Table 5 Comparison between different MAML-based improvements on MiniImageNet benchmark with the 4-layer ConvNet backbone

5.5.2 Different implementation of the g

In previous experiments, we use the simple two-layer fully connected network to implement the the initialization generation function g. Attention mechanism (Vaswani et al. 2017) can also be introduced to generate the top-layer linear classifier. Denote the embedding prototype of the training set as \(P = [\mathbf{p}_1, \ldots , \mathbf{p}_N]\in {\mathbb {R}}^{d\times N}\). For the nth class, the corresponding classifier is generated by \(\mathbf{p}_n + \mathbf{Softmax}(\mathbf{p}_n^\top M P)P\). Here M is a learnable matrix, and \(\mathbf{Softmax}(\cdot )\) is used to normalize the similarity value between one class and other prototypes. The usage of the attention can depict the relationship between classes better, which results in the Aviator\(^+\) approach. The results of all methods are shown in Table 6, where Aviator\(^+\) can further improve the few-shot classification performance. We also list the results of Feat, which also takes advantage of the self-attention to adapt the embedding. It is notable that different from the embedding-based approach Feat, Aviator\(^+\) incorporates task context with an optimization-based strategy, and could be further improved with other helpful objectives (Ye et al. 2018).

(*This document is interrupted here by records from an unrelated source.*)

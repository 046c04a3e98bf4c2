-- ===== src/Storage.antt =====
-- app/storage.py: the interface of a chunk store and the keys of its objects. `St` is the state
-- behind a store: a directory, or a bucket.
pub mod Keys
pub mod Local
pub mod S3
use distributed_file_service.Prelude.{List, Option, ℕ, ◌++◌, ◌∷◌}
use distributed_file_service.Text.{Bytes, Text, codes}
use distributed_file_service.Text.Decimal.{decimal}
use distributed_file_service.Exec.{Exec}

pub record StorageWriteResult : Type 0 where
  pub key : Text
  pub etag : Option Text

-- `{"PartNumber": ..., "ETag": ...}`.
pub record Part : Type 0 where
  pub part_number : ℕ
  pub etag : Text

pub record ChunkStorage (St : Type 0) : Type 0 where
  pub initialize_upload : Text → Exec St (Option Text)
  pub write_chunk : Text → ℕ → Bytes → Option Text → Exec St StorageWriteResult
  pub complete_upload : Text → Option Text → List Part → Exec St Unit
  pub read_chunk : Text → Exec St Bytes
  pub list_keys : Text → Exec St (List Text)
  pub delete_key : Text → Exec St Unit

-- `f"uploads/{upload_id}/chunk_{chunk_index}"`.
unfoldable pub chunk_key : Text → ℕ → Text
unfolding decimal
chunk_key upload_id index =
    codes "uploads/" ++ (upload_id ++ (codes "/chunk" ++ b'_' ∷ decimal index))

-- `f"uploads/{upload_id}/assembled"`.
unfoldable pub assembled_key : Text → Text
assembled_key upload_id = codes "uploads/" ++ (upload_id ++ codes "/assembled")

Table 6 Comparison between different methods on MiniImageNet benchmark with the 4-layer ConvNet backbone. By using the attention, Aviator\(^+\) achieves better results

5.5.3 Generalization of Aviator to more ways

One promising feature of the embedding-based few-shot learning approach is their ability to generalize to different forms of tasks. As in matching network (Vinyals et al. 2016) and prototypical network (Snell et al. 2017), by learning a few-shot facilitated embedding, tasks with a various number of classes can all be classified via the nearest neighbor rule. For MAML-based approaches, the main obstacle is the strong relationship between the classifier and the number of classes. By generating initial classifier based on the training set embedding adaptively, our Aviator approach handles different ways of tasks effectively. With models trained by 1-shot 5-way tasks, we test the same model on 1-shot \(\{5, 10, 15, 20\}\)-way tasks. The results of our re-implemented ProtoNet (Snell et al. 2017), Aviator, and Aviator\(^+\) can be found in Fig. 6. Our Aviator and its variants can get the best performance in most scenarios.

Fig. 6
figure 6

Testing Aviator variants and our re-produced ProtoNet on MiniImageNet with different numbers of ways. After meta-train with 5-way, these models are evaluated on \(\{5,10,15,20\}\) ways 1-shot/5-shot tasks

6 Conclusion

Model-agnostic meta-learning (MAML) is an important flow of the few-shot learning research, which capsules the model information into the gradient and supervises the model update by the loss on the training set. Current results observe the difficulties of MAML tackling complicated tasks, and its weakness to adaptively build the correspondence between a class and an initialized model. We propose our AdaptiVely InitiAlized Task OptimizeR (Aviator) approach to incorporate the task context and enable the gradient-based meta-learning applicable on various kinds of few-shot learning tasks. Using a re-parameterization strategy, the task-specific initialization facilitates the inner-task training a lot. Visualization experiments on synthetic data show the adaptively generated model initialization of Aviator is consistent with the first impression of the task. Empirical results on benchmark data sets verify the superiority of Aviator as well. The improvement of Aviator over MAML can be applied to almost all fields where MAML works well. We will investigate more real applications in the future.